Babs is like the coach. She’s in there in a jumpsuit with a stopwatch. It’s something to help folks realize that they can decorate their entire home for the season with Wayfair. We’re partners with the NBA on Prime. We buy a significant amount of live sports. That commercial will be running all season, on NFL, Cloud Football and NBA on Amazon.

You have a massive range of target consumers. How are you reaching all of them?

Consumers trust us with some of the biggest purchases of their lives that are often associated with really meaningful life events, whether that’s moving in with a partner or having a child or becoming an empty nester. We’re really looking to speak to them on their terms and help show them how to make it come to life.

A lot of what we need to do is help show the breadth of what is possible. There’s a wide variety of creatives. We work with a really wide set of creators and influencers, who are showing their homes and how they made that all possible with Wayfair. It’s about the breadth. One creative can’t do the whole job.

Tell me about your AI strategy. 

As a company, Wayfair’s always been technology-led. Our sweet spot has always been the zone of taking new technologies and figuring out how do we solve for home using those technologies? The marketing strategy then falls off of that and it’s a perfect fit. We have the “Discover” tab live on the Wayfair app, where you can basically scroll through hundreds of generated images to help find your style in a way that’s not written or searched. The core insight there on a customer is, when you’re shopping for your home, you can see what you want in your mind’s eye, but it’s not something that describes exactly what that is. You saw it on Instagram, or you saw it on Pinterest, or you saw it in a magazine, or you saw it on TV, but the word wasn’t next to it. 

Using AI-generated imagery to help folks navigate is a big part of helping them shop for their home in a way that they were never able to do before. There’s all sorts of other very tactical use cases of AI. We’re aspiring to be on our front foot. We want to be the first company putting these things into the market and experimenting, whether that’s AI-generated text ads or titles on our search ads,or whether that’s bringing some of that AI imagery off the platform and into our marketing. Having a very broad library of generated imagery is something we’ve never had the ability to do before. 

Can you talk about how spending 19 years at the brand has helped shape your perspective in your current role? 

I’ve spent a lot of that time in growth marketing. I understand how these channels work. I understand how D2C e-commerce marketing works because I’ve grown the brand. I have also been in roles basically running our retail businesses in North America and then also even did a rotation in HR.

The biggest thing that informs how I come to the job every day is, are we rooting ourselves in that end user’s life? Do we see ourselves in the context of all of the other things that they’re being asked to do or that they’re thinking about in their day-to-day? People are usually in the midst of a major life event when they think about decorating their home. They’ve often got a job and they’ve got a budget that’s pulling them in a lot of directions. They’re very uncomfortable and maybe not super confident at that moment. 

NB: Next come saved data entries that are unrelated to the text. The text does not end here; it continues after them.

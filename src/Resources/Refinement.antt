-- ===== src/Resources/Refinement.antt =====
-- Each manager implements the specification, with the object that it builds.
use nfs_provisioner_operator.Base.{false, ◌≡◌, refl, is_set, arith}
use nfs_provisioner_operator.Base.Exec.{ok}
use nfs_provisioner_operator.Kube.Meta.{named}
use nfs_provisioner_operator.Api.{NfsProvisioner}
use nfs_provisioner_operator.Defaults
use nfs_provisioner_operator.Cluster.{
  Platform, persistent_volume_claim, service_account, cluster_role, cluster_role_binding, role,
  role_binding, deployment, service, storage_class,
}
use nfs_provisioner_operator.Resources.GetOrCreate.{get_or_create}
use nfs_provisioner_operator.Resources.ServiceAccount
use nfs_provisioner_operator.Resources.StorageClass
use nfs_provisioner_operator.Resources.Service
use nfs_provisioner_operator.Resources.Pvc
use nfs_provisioner_operator.Resources.Deployment
use nfs_provisioner_operator.Resources.Rbac

module _ (P : Platform) (m : NfsProvisioner) where
  pub service_account_refines :
      ServiceAccount.ensure_resource P m
      ≡ get_or_create P service_account
          (named m.metadata.namespace Defaults.service_account)
          (ok (ServiceAccount.build_service_account P m))
  unfolding ServiceAccount.ensure_resource get_or_create
  service_account_refines = refl

  pub storage_class_refines :
      StorageClass.ensure_resource P m
      ≡ get_or_create P storage_class
          (named "" (StorageClass.sc_name m))
          (ok (StorageClass.build_storage_class P m))
  unfolding StorageClass.ensure_resource get_or_create
  storage_class_refines = refl

  pub service_refines :
      Service.ensure_resource P m
      ≡ get_or_create P service
          (named m.metadata.namespace Defaults.service)
          (ok (Service.build_service P m))
  unfolding Service.ensure_resource get_or_create
  service_refines = refl

  pub deployment_refines :
      Deployment.ensure_resource P m
      ≡ get_or_create P deployment
          (named m.metadata.namespace Defaults.deployment)
          (ok (Deployment.build_deployment P m (Deployment.storage_type m)))
  unfolding Deployment.ensure_resource get_or_create
  deployment_refines = refl

  pub cluster_role_refines :
      Rbac.ensure_cluster_role P m
      ≡ get_or_create P cluster_role
          (named "" Defaults.cluster_role)
          (ok (Rbac.build_cluster_role P m))
  unfolding Rbac.ensure_cluster_role get_or_create
  cluster_role_refines = refl

  pub cluster_role_binding_refines :
      Rbac.ensure_cluster_role_binding P m
      ≡ get_or_create P cluster_role_binding
          (named "" Defaults.cluster_role_binding)
          (ok (Rbac.build_cluster_role_binding P m))
  unfolding Rbac.ensure_cluster_role_binding get_or_create
  cluster_role_binding_refines = refl

  pub role_refines :
      Rbac.ensure_role P m
      ≡ get_or_create P role (named m.metadata.namespace Defaults.role) (ok (Rbac.build_role P m))
  unfolding Rbac.ensure_role get_or_create
  role_refines = refl

  pub role_binding_refines :
      Rbac.ensure_role_binding P m
      ≡ get_or_create P role_binding
          (named m.metadata.namespace Defaults.role_binding)
          (ok (Rbac.build_role_binding P m))
  unfolding Rbac.ensure_role_binding get_or_create
  role_binding_refines = refl

  -- With neither a host path nor a claim of the user's, the claim's manager does what the
  -- specification of the managers says: it reads the operator's claim, and creates the one that it
  -- builds if none was found.
  pub pvc_refines :
      is_set m.spec.host_path_dir ≡ false
      → is_set m.spec.pvc ≡ false
      → (s : P.State)
      → Pvc.ensure_resource P m s
        ≡ get_or_create P persistent_volume_claim
            (named m.metadata.namespace Defaults.pvc)
            (Pvc.build_pvc P m)
            s
  unfolding Pvc.ensure_resource get_or_create
  pvc_refines no_path own s = ground arith
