-- ===== src/Resources/Promises.antt =====
-- What each manager ensures.
use nfs_provisioner_operator.Base.{
  String, true, false, ◌≡◌, ap, sym, subst, fun_ext, List, [], ◌∷◌, is_set, Bool-cases, inl, inr,
  arith,
}
use nfs_provisioner_operator.Base.Exec.{Exec, ok, ok_injective, found}
use nfs_provisioner_operator.Kube.Meta.{ObjectMeta, NamespacedName, named, key_of, zero_meta}
use nfs_provisioner_operator.Kube.Core.{PersistentVolumeClaim}
use nfs_provisioner_operator.Api.{NfsProvisioner}
use nfs_provisioner_operator.Defaults
use nfs_provisioner_operator.Cluster.{Kind, Object, Platform, persistent_volume_claim}
use nfs_provisioner_operator.Cluster.Laws.{View, IsLawful, HasHelpers, key}
use nfs_provisioner_operator.Cluster.Growth.{Ref, Present, Growing-of_eq, Present-grow}
use nfs_provisioner_operator.Resources.Ensure.{Ensures, Ensures-then}
use nfs_provisioner_operator.Resources.GetOrCreate.{get_or_create, Ensures-get_or_create}
use nfs_provisioner_operator.Resources.Refinement.{
  service_account_refines, storage_class_refines, service_refines, deployment_refines,
  cluster_role_refines, cluster_role_binding_refines, role_refines, role_binding_refines,
  pvc_refines,
}
use nfs_provisioner_operator.Resources.Refs.{
  cluster_role_ref, cluster_role_binding_ref, pvc_ref, service_account_ref, role_ref,
  role_binding_ref, deployment_ref, service_ref, storage_class_ref, ClaimReady, AccessReady,
}
use nfs_provisioner_operator.Resources.ServiceAccount
use nfs_provisioner_operator.Resources.StorageClass
use nfs_provisioner_operator.Resources.Service
use nfs_provisioner_operator.Resources.Pvc
use nfs_provisioner_operator.Resources.Deployment
use nfs_provisioner_operator.Resources.Rbac

-- To be owned changes neither name nor namespace.
pub key-owned :
    (P : Platform)
    → HasHelpers P
    → (m : NfsProvisioner) (o : ObjectMeta) → key_of (P.set_controller_reference m o).1 ≡ key_of o
key-owned P H m o = ap key_of (H.references_only m o)

module _ (P : Platform) (L : IsLawful P) where
  open P use {State, Error, get}
  open L use {view, view-get}

  -- The specification, at an object whose name is known.
  Ensures-built :
      (k : Kind) (n : NamespacedName) (o : Object k) (x : Exec State Error (Unit {0}))
      → x ≡ get_or_create P k n (ok o)
      → key k o ≡ n
      → Ensures P L x ((k, n) ∷ []) (λ v. Present v (k, n))
  Ensures-built k n o x e named_n =
      subst (λ y. Ensures P L y ((k, n) ∷ []) (λ v. Present v (k, n))) (sym e)
        (Ensures-get_or_create P L k n (ok o)
          (λ b same. subst (λ c. key k c ≡ n) (ok_injective o b same) named_n))

  -- A function that reads one object and succeeds only if it is there.
  Ensures-read :
      (k : Kind) (n : NamespacedName) (ks : List Ref) (x : Exec State Error (Unit {0}))
      → ((s : State) → (x s).1 ≡ (get k n s).1)
      → ((s : State) → (x s).0 ≡ ok tt → (o : Object k) × ((get k n s).0 ≡ found o))
      → Ensures P L x ks (λ v. Present v (k, n))
  Ensures-read k n ks x reads hit = record {
    grows = λ s. Growing-of_eq _ _ (same s);
    frame = λ s j i other. ap (λ (v : View). v j i) (same s);
    makes = λ s h. let (o, e) = hit s h in (o, rw (same s) (L.get-found k n s o e));
    stable = λ v w g. Present-grow v w (k, n) g;
    quiet = λ s here. same s;
  }
    where
      same : (s : State) → view (x s).1 ≡ view s
      same s = rw (reads s) (view-get k n s)

  -- A function that does nothing.
  Ensures-idle :
      (ks : List Ref) (x : Exec State Error (Unit {0}))
      → ((s : State) → (x s).1 ≡ s)
      → Ensures P L x ks (λ v. Unit {0})
  Ensures-idle ks x idle = record {
    grows = λ s. Growing-of_eq _ _ (ap view (idle s));
    frame = λ s j i other. ap (λ t. view t j i) (idle s);
    makes = λ s h. tt;
    stable = λ v w g q. tt;
    quiet = λ s q. ap view (idle s);
  }

  -- One function for another that does the same.
  Ensures-same :
      (x y : Exec State Error (Unit {0})) (ks : List Ref) (Q : View → Type 0)
      → ((s : State) → x s ≡ y s)
      → Ensures P L y ks Q
      → Ensures P L x ks Q
  Ensures-same x y ks Q e h = subst (λ z. Ensures P L z ks Q) (sym (fun_ext e)) h

  module _ (H : HasHelpers P) (m : NfsProvisioner) where
    pub Ensures-service_account :
        Ensures P L
          (ServiceAccount.ensure_resource P m)
          (service_account_ref m ∷ [])
          (λ v. Present v (service_account_ref m))
    unfolding ServiceAccount.build_service_account
    Ensures-service_account =
        Ensures-built _ _ _ _ (service_account_refines P m) (key-owned P H m _)

    pub Ensures-storage_class :
        Ensures P L
          (StorageClass.ensure_resource P m)
          (storage_class_ref m ∷ [])
          (λ v. Present v (storage_class_ref m))
    unfolding StorageClass.build_storage_class
    Ensures-storage_class = Ensures-built _ _ _ _ (storage_class_refines P m) (key-owned P H m _)

    pub Ensures-service :
        Ensures P L
          (Service.ensure_resource P m)
          (service_ref m ∷ [])
          (λ v. Present v (service_ref m))
    unfolding Service.build_service
    Ensures-service = Ensures-built _ _ _ _ (service_refines P m) (key-owned P H m _)

    pub Ensures-deployment :
        Ensures P L
          (Deployment.ensure_resource P m)
          (deployment_ref m ∷ [])
          (λ v. Present v (deployment_ref m))
    unfolding Deployment.build_deployment
    Ensures-deployment = Ensures-built _ _ _ _ (deployment_refines P m) (key-owned P H m _)

    Ensures-cluster_role :
        Ensures P L
          (Rbac.ensure_cluster_role P m)
          (cluster_role_ref ∷ [])
          (λ v. Present v cluster_role_ref)
    unfolding Rbac.build_cluster_role
    Ensures-cluster_role = Ensures-built _ _ _ _ (cluster_role_refines P m) (key-owned P H m _)

    Ensures-cluster_role_binding :
        Ensures P L
          (Rbac.ensure_cluster_role_binding P m)
          (cluster_role_binding_ref ∷ [])
          (λ v. Present v cluster_role_binding_ref)
    unfolding Rbac.build_cluster_role_binding
    Ensures-cluster_role_binding =
        Ensures-built _ _ _ _ (cluster_role_binding_refines P m) (key-owned P H m _)

    Ensures-role :
        Ensures P L (Rbac.ensure_role P m) (role_ref m ∷ []) (λ v. Present v (role_ref m))
    unfolding Rbac.build_role
    Ensures-role = Ensures-built _ _ _ _ (role_refines P m) (key-owned P H m _)

    Ensures-role_binding :
        Ensures P L
          (Rbac.ensure_role_binding P m)
          (role_binding_ref m ∷ [])
          (λ v. Present v (role_binding_ref m))
    unfolding Rbac.build_role_binding
    Ensures-role_binding = Ensures-built _ _ _ _ (role_binding_refines P m) (key-owned P H m _)

    pub Ensures-rbac :
        Ensures P L
          (Rbac.ensure_resource P m)
          (cluster_role_ref ∷ cluster_role_binding_ref ∷ role_ref m ∷ role_binding_ref m ∷ [])
          (AccessReady m)
    unfolding Rbac.ensure_resource
    Ensures-rbac = Ensures-then P L _ _ _ _ _ _ Ensures-cluster_role (
        Ensures-then P L _ _ _ _ _ _ Ensures-cluster_role_binding
          (Ensures-then P L _ _ _ _ _ _ Ensures-role Ensures-role_binding))

    pub pvc_idle :
        is_set m.spec.host_path_dir ≡ true → (s : State) → (Pvc.ensure_resource P m s).1 ≡ s
    unfolding Pvc.ensure_resource
    pvc_idle p s = rw p

    pub pvc_reads :
        is_set m.spec.host_path_dir ≡ false
        → is_set m.spec.pvc ≡ true
        → (s : State)
        → (Pvc.ensure_resource P m s).1
          ≡ (get persistent_volume_claim (named m.metadata.namespace (Pvc.pvc_name m)) s).1
    unfolding Pvc.ensure_resource
    pvc_reads p q s = ground arith

    pvc_hit :
        is_set m.spec.host_path_dir ≡ false
        → is_set m.spec.pvc ≡ true
        → (s : State) → (Pvc.ensure_resource P m s).0 ≡ ok tt
        → (o : PersistentVolumeClaim) × ((get persistent_volume_claim
              (named m.metadata.namespace (Pvc.pvc_name m))
              s).0
            ≡ found o)
    unfolding Pvc.ensure_resource
    pvc_hit p q s h = ground arith

    pub key-build_pvc :
        (o : PersistentVolumeClaim)
        → Pvc.build_pvc P m ≡ ok o
        → key persistent_volume_claim o ≡ (pvc_ref m).1
    unfolding Pvc.build_pvc
    key-build_pvc o e = ground (
      arith,
      key-owned P H m (record zero_meta { name = Defaults.pvc; namespace = m.metadata.namespace }),
    )

    pub Ensures-pvc : Ensures P L (Pvc.ensure_resource P m) (pvc_ref m ∷ []) (ClaimReady m)
    Ensures-pvc = elim (Bool-cases (is_set m.spec.host_path_dir)) [
      | inl p ↦ subst (Ensures P L x ks) (fun_ext λ v. rw p) (Ensures-idle ks x (pvc_idle p))
      | inr p ↦
          subst (Ensures P L x ks) (fun_ext λ v. rw p) (elim (Bool-cases (is_set m.spec.pvc)) [
            | inl q ↦ Ensures-read _ _ ks x (pvc_reads p q) (pvc_hit p q)
            | inr q ↦
                subst (λ n. Ensures P L x ks (λ v. Present v (claim_named n))) (rw q)
                  (Ensures-same x _ ks _ (pvc_refines P m p q)
                    (Ensures-get_or_create P L _ _ _ key-build_pvc))
          ])
    ]
      where
        x : Exec State Error (Unit {0})
        x = Pvc.ensure_resource P m

        ks : List Ref
        ks = pvc_ref m ∷ []

        claim_named : String → Ref
        claim_named n = (persistent_volume_claim, named m.metadata.namespace n)
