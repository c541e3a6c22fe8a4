-- ===== src/Resources/Scc/Users.antt =====
-- The search for the service account among the users of security context constraints.
use nfs_provisioner_operator.Base.{
  String, ◌<>◌, true, List, [], ◌∷◌, ◌++◌, ◌≡◌, refl, inl, inr, Bool-cases, arith, subst,
}
use text.Mathlib.TextLemmas.{append-nil}
use nfs_provisioner_operator.Base.Lists.{Elem}
use nfs_provisioner_operator.Base.Texts.{contains, contains-append}
use nfs_provisioner_operator.Resources.Scc.{user_part, user_to_add, user_exists}

pub contains-user_to_add :
    (namespace : String) → contains (user_to_add namespace) (user_part namespace) ≡ true
contains-user_to_add namespace =
    subst (λ t. contains ("system:serviceaccount:" <> t) (user_part namespace) ≡ true)
      (append-nil (user_part namespace))
      (contains-append "system:serviceaccount:" (user_part namespace) "")

-- Once added, the user is found.
pub user_exists-added :
    (namespace : String) (users : List String)
    → user_exists namespace (users ++ user_to_add namespace ∷ []) ≡ true
unfolding user_exists
user_exists-added namespace [] = ground (arith, contains-user_to_add namespace)
user_exists-added namespace (user ∷ users) = ground (arith, user_exists-added namespace users)

user_exists-witness :
    (namespace : String) (users : List String)
    → user_exists namespace users ≡ true
    → (u : String) × Elem u users × (contains u (user_part namespace) ≡ true)
unfolding user_exists
user_exists-witness namespace [] h = cc
user_exists-witness namespace (user ∷ users) h =
    elim (Bool-cases (contains user (user_part namespace))) [
      | inl here ↦ (user, inl refl, here)
      | inr later ↦
          let (u, m, c) = user_exists-witness namespace users (ground arith) in (u, inr m, c)
    ]

pub user_exists-Elem :
    (namespace u : String) (users : List String)
    → Elem u users
    → contains u (user_part namespace) ≡ true
    → user_exists namespace users ≡ true
unfolding user_exists
user_exists-Elem namespace u [] m h = absurd m
user_exists-Elem namespace u (user ∷ users) (inl e) h = ground arith
user_exists-Elem namespace u (user ∷ users) (inr m) h =
    ground (arith, user_exists-Elem namespace u users m h)

-- A user that is found in a list is found in every list that has all its users.
pub user_exists-grow :
    (namespace : String) (users more : List String)
    → ((u : String) → Elem u users → Elem u more)
    → user_exists namespace users ≡ true
    → user_exists namespace more ≡ true
user_exists-grow namespace users more sub h =
    let (u, m, c) = user_exists-witness namespace users h in
    user_exists-Elem namespace u more (sub u m) c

How do we fit into that? How do I make that turnkey? How do I make that quick? How do I take limited effort for them and turn it into a solution that they’re going to be happy with? If you can put yourself in their headspace, I think you can be pretty successful.

We now have a brand that folks generally know and what we’re trying to achieve is not just, hey, we’re here with this offering, but here’s why you should trust us. Here’s why we’re not just a place to go, but we’re the place to go. It’s a constant evolution. 2026 will look different than 2025 and 2024. But if you go back to the principles and be in that customer’s shoes and truly be empathetic and in love with their problems, you’ll find your way into these spaces pretty reliably.